Task item: The output should be all lines of the entries below in which the word "take" occurs.

The data:
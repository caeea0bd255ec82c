-- ===== src/Sweepers/Recovery.antt =====
-- What the two periodic jobs leave alone: recovery.service.ts the rows that are done, and
-- retention.service.ts the rows that are not.
use basket_shared.Prelude.{
  ℕ, ◌-◌, ◌*◌, ◌≡◌, refl, sym, ap, ◌∙◌, ◌≢◌, inl, inr, Bool, true, false, not, ◌||◌, none, List, [],
  ◌∷◌, take, filter, leb, ◌==◌, ==_iff, Bool-cases, not_both, All, In, All-take, All-map,
  All-filter, All-zip, filter-true,
}
use basket_shared.World.Entities.{FileTransfer, TransferJobData, recovered_exhausted}
use basket_shared.World.State.{World}
use basket_shared.World.Monad.{Outcome, ok, thrown, crashed, closing, local, for_each}
use basket_shared.World.Keeps.{
  Keeps, Stable, Keeps-pure, Keeps-local, Keeps-call, Keeps-if, Keeps-bind,
}
use basket_shared.World.Triples.{
  Ends, Triple-catch, Triple, Triple-call, Triple-bind, Triple-of_Keeps,
}
use basket_shared.World.Endings.{Triple-local}
use basket_shared.Repository.{
  is_terminal, is_stuck, is_expired, failed_patch, mark_failed, update_transfer, find_stuck,
  delete_terminal_older_than,
}
use basket_shared.Repository.Table.{update_by_id, oldest_first}
use basket_shared.Repository.Rows.{All-oldest_first}
use basket_shared.Outbox.{add_transfer_job}
use basket_shared.Sweepers.{
  RecoveryConfig, redrive, ago, sweep_once, set_sweeping, sweep, ms_per_day, purge,
}

-- The primary key of `file_transfers`.
abbrev pub HasDistinctRows : List FileTransfer → Type 0
HasDistinctRows [] = Unit
HasDistinctRows (r ∷ rows) = All (λ s. s.id ≢ r.id) rows × HasDistinctRows rows

pub All-In :
    (P : FileTransfer → Type 0) (t : FileTransfer) (rows : List FileTransfer)
    → All P rows
    → In t rows
    → P t
All-In P t [] h i = absurd (i tt)
All-In P t (r ∷ rows) h (inl e) = rw e h.0
All-In P t (r ∷ rows) h (inr i) = All-In P t rows h.1 i

module _ (t : FileTransfer) where
  In-filter :
      (p : FileTransfer → Bool) (rows : List FileTransfer)
      → p t ≡ true
      → In t rows
      → In t (filter p rows)
  In-filter p [] q i = i
  In-filter p (r ∷ rows) q (inl e) = rw (sym e, q) (inl refl)
  In-filter p (r ∷ rows) q (inr i) = elim (Bool-cases (p r)) [
    | inl e ↦ rw e (inr (In-filter p rows q i))
    | inr e ↦ rw e (In-filter p rows q i)
  ]

  pub In-update_by_id :
      (id now : ℕ) (patch : FileTransfer → FileTransfer) (rows : List FileTransfer)
      → id ≢ t.id
      → In t rows
      → In t (update_by_id id now patch rows)
  unfolding update_by_id
  In-update_by_id id now patch [] n i = i
  In-update_by_id id now patch (r ∷ rows) n (inl e) = elim (Bool-cases (r.id == id)) [
    | inl s ↦ absurd (n (sym ((==_iff r.id id).0 s) ∙ ap (λ (x : FileTransfer). x.id) (sym e)))
    | inr s ↦ rw s (inl e)
  ]
  In-update_by_id id now patch (r ∷ rows) n (inr i) = inr (In-update_by_id id now patch rows n i)

  -- A row with the id of `t` is `t`.
  pub same_row :
      (rows : List FileTransfer)
      → HasDistinctRows rows
      → In t rows
      → All (λ s. s.id ≡ t.id → s ≡ t) rows
  same_row [] d i = tt
  same_row (r ∷ rows) (far, d) (inl e) = (
    (λ _. sym e),
    All-map (λ s. s.id ≢ r.id) (λ s. s.id ≡ t.id → s ≡ t)
        (λ s n q. absurd (n (q ∙ ap (λ (x : FileTransfer). x.id) e))) rows far,
  )
  same_row (r ∷ rows) (far, d) (inr i) =
      ((λ q. absurd (All-In (λ s. s.id ≢ r.id) t rows far i (sym q))), same_row rows d i)

  -- None of them has the id of `t`.
  abbrev pub Spares : List FileTransfer → Type 0
  Spares batch = All (λ s. s.id ≢ t.id) batch

  module _ (terminal : is_terminal t.status ≡ true) where
    not_stuck : (stale : ℕ) → is_stuck stale t ≡ true → ⊥
    not_stuck stale q = not_both {b = is_stuck stale t} (rw terminal refl) q

    stuck-Spares :
        (stale limit : ℕ) (rows : List FileTransfer)
        → HasDistinctRows rows
        → In t rows
        → Spares (take limit (oldest_first (λ s. s.updated_at) (filter (is_stuck stale) rows)))
    stuck-Spares stale limit rows d i =
        let P : FileTransfer → Type 0 = λ s. s.id ≢ t.id in
        All-take P limit _ (
          All-oldest_first P (λ s. s.updated_at) (filter (is_stuck stale) rows)
            (All-zip (λ s. s.id ≡ t.id → s ≡ t) (λ s. is_stuck stale s ≡ true) P
              (λ s same q e. not_stuck stale (rw (sym (same e)) q)) (filter (is_stuck stale) rows)
              (All-filter (λ s. s.id ≡ t.id → s ≡ t) (is_stuck stale) rows (same_row rows d i))
              (filter-true (is_stuck stale) rows)))

    abbrev Stays : World → Type 0
    Stays w = In t w.db.transfers

    Stays-Stable : Stable Stays
    Stays-Stable = record { at = λ w h. h }

    redrive-Stays :
        (c : RecoveryConfig) (s : FileTransfer) → s.id ≢ t.id → Keeps Stays (redrive c s)
    unfolding redrive mark_failed update_transfer add_transfer_job
    redrive-Stays c s n =
        let again : TransferJobData = record { transfer_id = s.id; carrier = none } in
        Keeps-if (leb c.max_attempts s.attempts) (mark_failed s.id (recovered_exhausted s.attempts))
          (add_transfer_job again)
          (λ _. Keeps-call _ Stays-Stable λ k. record {
            at = λ w h.
                In-update_by_id s.id (w.services.clock k)
                  (failed_patch (recovered_exhausted s.attempts)) w.db.transfers n h;
          })
          (λ _. Keeps-call _ Stays-Stable (λ k. record { at = λ w h. h }))

    redrive_all-Stays :
        (c : RecoveryConfig) (batch : List FileTransfer)
        → Spares batch
        → Keeps Stays (for_each batch (redrive c))
    unfolding for_each
    redrive_all-Stays c [] h = Keeps-pure tt
    redrive_all-Stays c (s ∷ batch) (n, h) =
        Keeps-bind (redrive c s) _ (redrive-Stays c s n) (λ _. redrive_all-Stays c batch h)

    abbrev Guarded : World → Type 0
    Guarded w = HasDistinctRows w.db.transfers × Stays w

    find_stuck-Spares :
        (stale limit : ℕ)
        → Triple Guarded (find_stuck stale limit) (λ batch w. Spares batch × Stays w) Stays
    unfolding find_stuck
    find_stuck-Spares stale limit =
        Triple-call _ (λ w h. h.1) (λ _ w h. h.1)
          λ n w h. (stuck-Spares stale limit w.db.transfers h.0 h.1, h.1)

    sweep_once-Stays : (c : RecoveryConfig) → Triple Guarded (sweep_once c) (λ _. Stays) Stays
    unfolding sweep_once
    sweep_once-Stays c =
        Triple-catch _ _
          (Triple-bind (ago c.stale_ms) _
            (Triple-local {Q = λ _. Guarded} (λ w. (w.services.clock w.tick - c.stale_ms, w))
              (λ w h. h))
            λ stale.
              Triple-bind (find_stuck stale c.batch_size) (λ batch. for_each batch (redrive c))
                (find_stuck-Spares stale c.batch_size)
                λ batch. record {
                  at = λ w h. (Triple-of_Keeps (redrive_all-Stays c batch h.0)).at w h.1;
                })
          (λ e. Triple-of_Keeps (Keeps-pure tt))

  -- A sweep never touches a row that is SUCCESS or FAILED, however it ends: the row stands in the
  -- table as it was, if the table's ids are distinct.
  pub sweep-In :
      (c : RecoveryConfig) (w : World)
      → is_terminal t.status ≡ true
      → HasDistinctRows w.db.transfers
      → In t w.db.transfers
      → In t (sweep c w).1.db.transfers
  unfolding sweep local
  sweep-In c w terminal d i = elim (Bool-cases (not c.enabled || w.sweeping)) [
    | inl e ↦ rw e i
    | inr e ↦ rw e (
        ran (sweep_once c (set_sweeping true w)).0 (sweep_once c (set_sweeping true w)).1
          ((sweep_once-Stays terminal c).at (set_sweeping true w) (d, i)))
  ]
    where
      ran :
          (r : Outcome (Unit {0})) (w' : World)
          → Ends (λ _. Stays terminal) (Stays terminal) r w'
          → In t (closing r (set_sweeping false) w').1.db.transfers
      ran (ok a) w' h = h
      ran (thrown e) w' h = h
      ran crashed w' h = h

  purge-Keeps :
      (days : ℕ) → is_terminal t.status ≡ false → Keeps (λ w. In t w.db.transfers) (purge days)
  unfolding purge delete_terminal_older_than
  purge-Keeps days live =
      Keeps-if (days == 0) _ _ (λ _. Keeps-pure tt)
        λ _. Keeps-bind (ago (days * ms_per_day)) _ (Keeps-local _ (λ w h. h)) λ cutoff.
          Keeps-bind (delete_terminal_older_than cutoff) _ (delete-In cutoff) λ _. Keeps-pure tt
    where
      delete-In :
          (cutoff : ℕ) → Keeps (λ w. In t w.db.transfers) (delete_terminal_older_than cutoff)
      delete-In cutoff =
          unfold delete_terminal_older_than in
          Keeps-call _ (record { at = λ w h. h })
            λ n. record {
              at =
                  λ w h. In-filter (λ r. not (is_expired cutoff r)) w.db.transfers (rw live refl) h;
            }

  -- A purge never deletes a row that is PENDING or PROCESSING, however it ends.
  purge-In :
      (days : ℕ) (w : World)
      → is_terminal t.status ≡ false
      → In t w.db.transfers
      → In t (purge days w).1.db.transfers
  purge-In days w live i = (purge-Keeps days live).at w i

Written answer:
  ◌∷◌, take, filter, leb, ◌==◌, ==_iff, Bool-cases, not_both, All, In, All-take, All-map,
        → Spares (take limit (oldest_first (λ s. s.updated_at) (filter (is_stuck stale) rows)))
        All-take P limit _ (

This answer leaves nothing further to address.